(Collected data entries)
********
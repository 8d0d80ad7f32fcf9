-- ===== src/AgentDrawer/Bindings.antt =====
-- agentDrawerStore.ts: an action on one channel's drawer and the drawers of the others.
use tea_desktop.Base.{
  ℕ, ◌≡◌, refl, ◌∙◌, Bool, true, false, not, ◌||◌, none, some, arith, Bool-cases, Option-cases, inl,
  inr,
}
use tea_desktop.Base.Map
use tea_desktop.Base.Text.{Text, text_eq}
use tea_desktop.AgentDrawer.Store.{
  AgentDrawerPhase, index, preparing, creating, active, AgentDrawerStore, AgentDrawerChannelState,
  AgentDrawerDraft, ChannelBinding, ChannelSourceInput, DraftPatch, AgentSessionListMode, ℤ, Action,
  activates, prepares, begins, completes, fails, selects, goes_back, lists, queries, scrolls,
  updates, stages, unstages, consumes, cancels, clears, disposes, keep_last, staged, max_sources,
  same_source,
}
use tea_desktop.AgentDrawer.Store as Store

module _ (serialize : Text → Text → Text → Text) (uuid : ℕ → Text) where
  abbrev key : ChannelBinding → Text
  key binding = Store.serialize_channel_binding serialize uuid binding

  -- The binding's key is another one.
  abbrev pub Spares : Text → ChannelBinding → Type 0
  Spares j b = text_eq (Store.serialize_channel_binding serialize uuid b) j ≡ false

  -- The action is one on another channel's drawer.
  abbrev pub IsElsewhere : Text → Action → Type 0
  IsElsewhere j (activates none) = Unit
  IsElsewhere j (activates (some b)) = Spares j b
  IsElsewhere j (prepares b r) = Spares j b
  IsElsewhere j (begins b) = Spares j b
  IsElsewhere j (completes b k id) = Spares j b
  IsElsewhere j (fails b k) = Spares j b
  IsElsewhere j (selects b id) = Spares j b
  IsElsewhere j (goes_back b) = Spares j b
  IsElsewhere j (lists b mode) = Spares j b
  IsElsewhere j (queries b query) = Spares j b
  IsElsewhere j (scrolls b offset) = Spares j b
  IsElsewhere j (updates b patch) = Spares j b
  IsElsewhere j (stages b source) = Spares j b
  IsElsewhere j (unstages b id) = Spares j b
  IsElsewhere j (consumes b) = Spares j b
  IsElsewhere j (cancels b) = Spares j b
  IsElsewhere j (clears b) = Spares j b
  IsElsewhere j disposes = ◌≡◌ {A = Bool} true false

  abbrev Same : Text → AgentDrawerStore → AgentDrawerStore → Type 0
  Same j s t = Map.get j t.states ≡ Map.get j s.states

  ensure-Same :
      (j : Text) (s : AgentDrawerStore) (b : ChannelBinding)
      → Spares j b
      → Same j s (Store.ensure_state serialize uuid s b).0
  unfolding Store.ensure_state
  ensure-Same j s b h =
      let k = Store.serialize_channel_binding serialize uuid b in
      elim (Option-cases (Map.get k s.states)) [
        | inl e ↦ rw (e, Store.ensure_state) (Map.get-set k j _ s.states ∙ rw h refl)
        | inr (state, e) ↦ rw (e, Store.ensure_state) refl
      ]

  assign-Same :
      (change : AgentDrawerChannelState → AgentDrawerChannelState) (j : Text)
      → (s : AgentDrawerStore) (b : ChannelBinding) → Spares j b
      → Same j s (Store.assign serialize uuid change s b)
  unfolding Store.assign
  assign-Same change j s b h =
      let k = Store.serialize_channel_binding serialize uuid b in
      let ensured = Store.ensure_state serialize uuid s b in
      Map.get-set k j (change ensured.1) ensured.0.states ∙ rw h (ensure-Same j s b h)

  begin-Same :
      (j : Text) (s : AgentDrawerStore) (b : ChannelBinding)
      → Spares j b
      → Same j s (Store.begin_creation serialize uuid s b).0
  unfolding Store.begin_creation
  begin-Same j s b h =
      let state = (Store.ensure_state serialize uuid s b).1 in
      elim (Bool-cases
        (not (Store.is_preparing state.phase) || not (Store.is_truthy state.draft.runtime_id))) [
          | inl e ↦ rw e (ensure-Same j s b h)
          | inr e ↦ rw e (assign-Same (Store.set_phase creating) j s b h)
        ]

  complete-Same :
      (j : Text) (s : AgentDrawerStore) (b : ChannelBinding) (k id : Text)
      → Spares j b
      → Same j s (Store.complete_creation serialize uuid s b k id).0
  unfolding Store.complete_creation
  complete-Same j s b k id h =
      elim (Bool-cases (not (Store.awaits (Store.ensure_state serialize uuid s b).1 k))) [
        | inl e ↦ rw e (ensure-Same j s b h)
        | inr e ↦ rw e (assign-Same (Store.selected id) j s b h)
      ]

  activate-Same :
      (j : Text) (s : AgentDrawerStore) (b : ChannelBinding)
      → Spares j b
      → Same j s (Store.activate_binding serialize uuid s (some b))
  unfolding Store.activate_binding
  activate-Same j s b h = ensure-Same j (record s { active_key = some (key b) }) b h

  -- An action on one channel's drawer leaves the state kept under any other key as it was.
  pub step-elsewhere :
      (j : Text) (s : AgentDrawerStore) (a : Action)
      → IsElsewhere j a
      → Map.get j (Store.step serialize uuid s a).states ≡ Map.get j s.states
  unfolding Store.step Store.prepare Store.creation_failed Store.select_conversation Store.back
      Store.set_list_mode Store.set_query Store.set_scroll_offset Store.update_draft
      Store.stage_source Store.remove_source Store.consume_accepted_input Store.cancel_draft
      Store.clear_binding Store.activate_binding
  step-elsewhere j s (activates none) h = refl
  step-elsewhere j s (activates (some b)) h = activate-Same j s b h
  step-elsewhere j s (prepares b r) h = assign-Same _ j s b h
  step-elsewhere j s (begins b) h = begin-Same j s b h
  step-elsewhere j s (completes b k id) h = complete-Same j s b k id h
  step-elsewhere j s (fails b k) h = assign-Same _ j s b h
  step-elsewhere j s (selects b id) h = assign-Same _ j s b h
  step-elsewhere j s (goes_back b) h = assign-Same _ j s b h
  step-elsewhere j s (lists b mode) h = assign-Same _ j s b h
  step-elsewhere j s (queries b query) h = assign-Same _ j s b h
  step-elsewhere j s (scrolls b offset) h = assign-Same _ j s b h
  step-elsewhere j s (updates b patch) h = assign-Same _ j s b h
  step-elsewhere j s (stages b source) h = assign-Same _ j s b h
  step-elsewhere j s (unstages b id) h = assign-Same _ j s b h
  step-elsewhere j s (consumes b) h = assign-Same _ j s b h
  step-elsewhere j s (cancels b) h = assign-Same _ j s b h
  step-elsewhere j s (clears b) h =
      Map.get-delete (Store.serialize_channel_binding serialize uuid b) j s.states ∙ rw h refl
  step-elsewhere j s disposes h = absurd (ground arith)
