-- ===== src/AgentDrawer/Keys.antt =====
-- agentDrawerStore.ts: the creation keys of a channel's drafts, drawn one after another.
use tea_desktop.Base.{
  ℕ, ◌+◌, ◌≤◌, ◌<◌, ◌≡◌, refl, sym, ap, ◌∙◌, subst, not, ◌||◌, List, [], ◌∷◌, Option, none, some,
  if◌then◌else◌, arith, Bool-cases, Option-cases, inl, inr,
}
use tea_desktop.Base.Map
use tea_desktop.Base.Text.{Text, text_eq, text_eq_iff}
use tea_desktop.AgentDrawer.Store.{
  AgentDrawerPhase, preparing, creating, AgentDrawerStore, AgentDrawerChannelState,
  AgentDrawerDraft, ChannelBinding, Action, activates, prepares, begins, completes, fails, selects,
  goes_back, lists, queries, scrolls, updates, stages, unstages, consumes, cancels, clears,
  disposes, new_store,
}
use tea_desktop.AgentDrawer.Store as Store

module _ (serialize : Text → Text → Text → Text) (uuid : ℕ → Text) where
  abbrev pub key : ChannelBinding → Text
  key binding = Store.serialize_channel_binding serialize uuid binding

  -- A state's creation key is one of the ids drawn from `low` on and before `top`.
  abbrev pub DrawnIn : ℕ → ℕ → Option AgentDrawerChannelState → Type 0
  DrawnIn low top none = Unit
  DrawnIn low top (some state) =
      (n : ℕ) × (state.draft.creation_idempotency_key ≡ uuid n) × (low ≤ n) × (n < top)

  -- The state kept under the key `j` has a creation key that was drawn from `low` on, and `base` ids
  -- or more were drawn.
  abbrev pub IsFresh : Text → ℕ → ℕ → AgentDrawerStore → Type 0
  IsFresh j low base s = (low ≤ base) × (base ≤ s.drawn) × DrawnIn low s.drawn (Map.get j s.states)

  DrawnIn-later :
      (low n m : ℕ) (state : Option AgentDrawerChannelState)
      → n ≤ m
      → DrawnIn low n state
      → DrawnIn low m state
  DrawnIn-later low n m none le h = tt
  DrawnIn-later low n m (some state) le (i, own, above, below) = (i, own, above, omega arith)

  pub ensure-drawn :
      (s : AgentDrawerStore) (b : ChannelBinding)
      → s.drawn ≤ (Store.ensure_state serialize uuid s b).0.drawn
  unfolding Store.ensure_state
  ensure-drawn s b = elim (Option-cases (Map.get (key b) s.states)) [
    | inl e ↦ rw (e, Store.ensure_state) (omega arith)
    | inr (state, e) ↦ rw (e, Store.ensure_state) (omega arith)
  ]

  ensured :
      (s : AgentDrawerStore) (b : ChannelBinding)
      → Map.get (key b) (Store.ensure_state serialize uuid s b).0.states
        ≡ some (Store.ensure_state serialize uuid s b).1
  unfolding Store.ensure_state
  ensured s b = elim (Option-cases (Map.get (key b) s.states)) [
    | inl e ↦ rw (e, Store.ensure_state) (Map.get-set_self (key b) _ s.states)
    | inr (state, e) ↦ rw (e, Store.ensure_state) e
  ]

  -- A state that is put under a key, with the ids drawn so far.
  set-IsFresh :
      (j k : Text) (low base top : ℕ) (state : AgentDrawerChannelState) (s : AgentDrawerStore)
      → IsFresh j low base s
      → s.drawn ≤ top
      → (j ≡ k → DrawnIn low top (some state))
      → IsFresh j low base (record s { states = Map.set k state s.states; drawn = top })
  set-IsFresh j k low base top state s (le, grown, h) later own = (
    le,
    omega arith,
    subst (DrawnIn low top) (sym (Map.get-set k j state s.states))
        (elim (Bool-cases (text_eq k j)) [
          | inl e ↦ rw e (own (sym ((text_eq_iff k j).0 e)))
          | inr e ↦ rw e (DrawnIn-later low s.drawn top (Map.get j s.states) later h)
        ]),
  )

  ensure-IsFresh :
      (j : Text) (low base : ℕ) (s : AgentDrawerStore) (b : ChannelBinding)
      → IsFresh j low base s
      → IsFresh j low base (Store.ensure_state serialize uuid s b).0
  unfolding Store.ensure_state
  ensure-IsFresh j low base s b h = elim (Option-cases (Map.get (key b) s.states)) [
    | inl e ↦
        rw (e, Store.ensure_state)
          (set-IsFresh j (key b) low base (s.drawn + 1) _ s h (omega arith)
            (λ same. (s.drawn, refl, omega (arith, h.0, h.1), omega arith)))
    | inr (state, e) ↦ rw (e, Store.ensure_state) h
  ]

  -- The state of a binding whose key is `j`.
  pub ensured-DrawnIn :
      (j : Text) (low base : ℕ) (s : AgentDrawerStore) (b : ChannelBinding)
      → IsFresh j low base s
      → j ≡ key b
      → DrawnIn low
          (Store.ensure_state serialize uuid s b).0.drawn
          (some (Store.ensure_state serialize uuid s b).1)
  ensured-DrawnIn j low base s b h same =
      let next = Store.ensure_state serialize uuid s b in
      subst (DrawnIn low next.0.drawn) (ap (λ k. Map.get k next.0.states) same ∙ ensured s b)
        ((ensure-IsFresh j low base s b h).2)

  assign-IsFresh :
      (change : AgentDrawerChannelState → AgentDrawerChannelState)
      → ((x : AgentDrawerChannelState)
          → (change x).draft.creation_idempotency_key ≡ x.draft.creation_idempotency_key)
      → (j : Text) (low base : ℕ) (s : AgentDrawerStore) (b : ChannelBinding) → IsFresh j low base s
      → IsFresh j low base (Store.assign serialize uuid change s b)
  unfolding Store.assign
  assign-IsFresh change keeps j low base s b h =
      let next = Store.ensure_state serialize uuid s b in
      set-IsFresh j (key b) low base next.0.drawn (change next.1) next.0
        (ensure-IsFresh j low base s b h) (omega arith)
        (λ same.
          let (n, own, above, below) = ensured-DrawnIn j low base s b h same in
          (n, keeps next.1 ∙ own, above, below))

  pub begin-IsFresh :
      (j : Text) (low base : ℕ) (s : AgentDrawerStore) (b : ChannelBinding)
      → IsFresh j low base s
      → IsFresh j low base (Store.begin_creation serialize uuid s b).0
  unfolding Store.begin_creation
  begin-IsFresh j low base s b h =
      let state = (Store.ensure_state serialize uuid s b).1 in
      elim (Bool-cases
        (not (Store.is_preparing state.phase) || not (Store.is_truthy state.draft.runtime_id))) [
          | inl e ↦ rw e (ensure-IsFresh j low base s b h)
          | inr e ↦ rw e (assign-IsFresh (Store.set_phase creating) (λ x. refl) j low base s b h)
        ]

  complete-IsFresh :
      (j : Text) (low base : ℕ) (s : AgentDrawerStore) (b : ChannelBinding) (k id : Text)
      → IsFresh j low base s
      → IsFresh j low base (Store.complete_creation serialize uuid s b k id).0
  unfolding Store.complete_creation
  complete-IsFresh j low base s b k id h =
      elim (Bool-cases (not (Store.awaits (Store.ensure_state serialize uuid s b).1 k))) [
        | inl e ↦ rw e (ensure-IsFresh j low base s b h)
        | inr e ↦ rw e (assign-IsFresh (Store.selected id) (λ x. refl) j low base s b h)
      ]

  failed_key :
      (k : Text) (x : AgentDrawerChannelState)
      → (if Store.awaits x k then Store.set_phase preparing x else x).draft.creation_idempotency_key
        ≡ x.draft.creation_idempotency_key
  failed_key k x = elim (Bool-cases (Store.awaits x k)) [ inl e ↦ rw e refl | inr e ↦ rw e refl ]

  prepared_key :
      (r : Option Text) (x : AgentDrawerChannelState)
      → (Store.prepared r x).draft.creation_idempotency_key ≡ x.draft.creation_idempotency_key
  prepared_key r x = elim (Bool-cases (Store.is_truthy r)) [ inl e ↦ rw e refl | inr e ↦ rw e refl ]

  cancel-IsFresh :
      (j : Text) (low base : ℕ) (s : AgentDrawerStore) (b : ChannelBinding)
      → IsFresh j low base s
      → IsFresh j low base (Store.cancel_draft serialize uuid s b)
  unfolding Store.cancel_draft Store.assign
  cancel-IsFresh j low base s b h =
      let next = Store.ensure_state serialize uuid s b in
      let fresh = ensure-IsFresh j low base s b h in
      set-IsFresh j (key b) low base (next.0.drawn + 1) _ next.0 fresh (omega arith)
        (λ same. (next.0.drawn, refl, omega (arith, fresh.0, fresh.1), omega arith))

  clear-IsFresh :
      (j : Text) (low base : ℕ) (s : AgentDrawerStore) (b : ChannelBinding)
      → IsFresh j low base s
      → IsFresh j low base (Store.clear_binding serialize uuid s b)
  unfolding Store.clear_binding
  clear-IsFresh j low base s b (le, grown, h) = (
    le,
    grown,
    subst (DrawnIn low s.drawn) (sym (Map.get-delete (key b) j s.states))
        (elim (Bool-cases (text_eq (key b) j)) [ inl e ↦ rw e tt | inr e ↦ rw e h ]),
  )

  activate-IsFresh :
      (j : Text) (low base : ℕ) (s : AgentDrawerStore) (b : Option ChannelBinding)
      → IsFresh j low base s
      → IsFresh j low base (Store.activate_binding serialize uuid s b)
  unfolding Store.activate_binding
  activate-IsFresh j low base s none h = h
  activate-IsFresh j low base s (some b) h =
      ensure-IsFresh j low base (record s { active_key = some (key b) }) b h

  step-IsFresh :
      (j : Text) (low base : ℕ) (s : AgentDrawerStore) (a : Action)
      → IsFresh j low base s
      → IsFresh j low base (Store.step serialize uuid s a)
  unfolding Store.step Store.prepare Store.creation_failed Store.select_conversation Store.back
      Store.set_list_mode Store.set_query Store.set_scroll_offset Store.update_draft
      Store.stage_source Store.remove_source Store.consume_accepted_input Map.get
  step-IsFresh j low base s (activates b) h = activate-IsFresh j low base s b h
  step-IsFresh j low base s (prepares b r) h =
      assign-IsFresh (Store.prepared r) (prepared_key r) j low base s b h
  step-IsFresh j low base s (begins b) h = begin-IsFresh j low base s b h
  step-IsFresh j low base s (completes b k id) h = complete-IsFresh j low base s b k id h
  step-IsFresh j low base s (fails b k) h = assign-IsFresh _ (failed_key k) j low base s b h
  step-IsFresh j low base s (selects b id) h = assign-IsFresh _ (λ x. refl) j low base s b h
  step-IsFresh j low base s (goes_back b) h = assign-IsFresh _ (λ x. refl) j low base s b h
  step-IsFresh j low base s (lists b mode) h = assign-IsFresh _ (λ x. refl) j low base s b h
  step-IsFresh j low base s (queries b query) h = assign-IsFresh _ (λ x. refl) j low base s b h
  step-IsFresh j low base s (scrolls b offset) h = assign-IsFresh _ (λ x. refl) j low base s b h
  step-IsFresh j low base s (updates b patch) h = assign-IsFresh _ (λ x. refl) j low base s b h
  step-IsFresh j low base s (stages b source) h = assign-IsFresh _ (λ x. refl) j low base s b h
  step-IsFresh j low base s (unstages b id) h = assign-IsFresh _ (λ x. refl) j low base s b h
  step-IsFresh j low base s (consumes b) h = assign-IsFresh _ (λ x. refl) j low base s b h
  step-IsFresh j low base s (cancels b) h = cancel-IsFresh j low base s b h
  step-IsFresh j low base s (clears b) h = clear-IsFresh j low base s b h
  step-IsFresh j low base s disposes (le, grown, h) = (le, grown, tt)

  pub run-IsFresh :
      (j : Text) (low base : ℕ) (s : AgentDrawerStore) (actions : List Action)
      → IsFresh j low base s
      → IsFresh j low base (Store.run serialize uuid s actions)
  unfolding Store.run
  run-IsFresh j low base s [] h = h
  run-IsFresh j low base s (a ∷ actions) h =
      run-IsFresh j low base (Store.step serialize uuid s a) actions (step-IsFresh j low base s a h)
********
**Exercise objective**: Quote the records from their first line to the line with "abbrev key : ChannelBinding → Text", inclusive, without adding or dropping anything.

**Task response**:
repository 8d0d80ad7f32fcf9
-- ===== src/AgentDrawer/Bindings.antt =====
-- agentDrawerStore.ts: an action on one channel's drawer and the drawers of the others.
use tea_desktop.Base.{
  ℕ, ◌≡◌, refl, ◌∙◌, Bool, true, false, not, ◌||◌, none, some, arith, Bool-cases, Option-cases, inl,
  inr,
}
use tea_desktop.Base.Map
use tea_desktop.Base.Text.{Text, text_eq}
use tea_desktop.AgentDrawer.Store.{
  AgentDrawerPhase, index, preparing, creating, active, AgentDrawerStore, AgentDrawerChannelState,
  AgentDrawerDraft, ChannelBinding, ChannelSourceInput, DraftPatch, AgentSessionListMode, ℤ, Action,
  activates, prepares, begins, completes, fails, selects, goes_back, lists, queries, scrolls,
  updates, stages, unstages, consumes, cancels, clears, disposes, keep_last, staged, max_sources,
  same_source,
}
use tea_desktop.AgentDrawer.Store as Store

module _ (serialize : Text → Text → Text → Text) (uuid : ℕ → Text) where
  abbrev key : ChannelBinding → Text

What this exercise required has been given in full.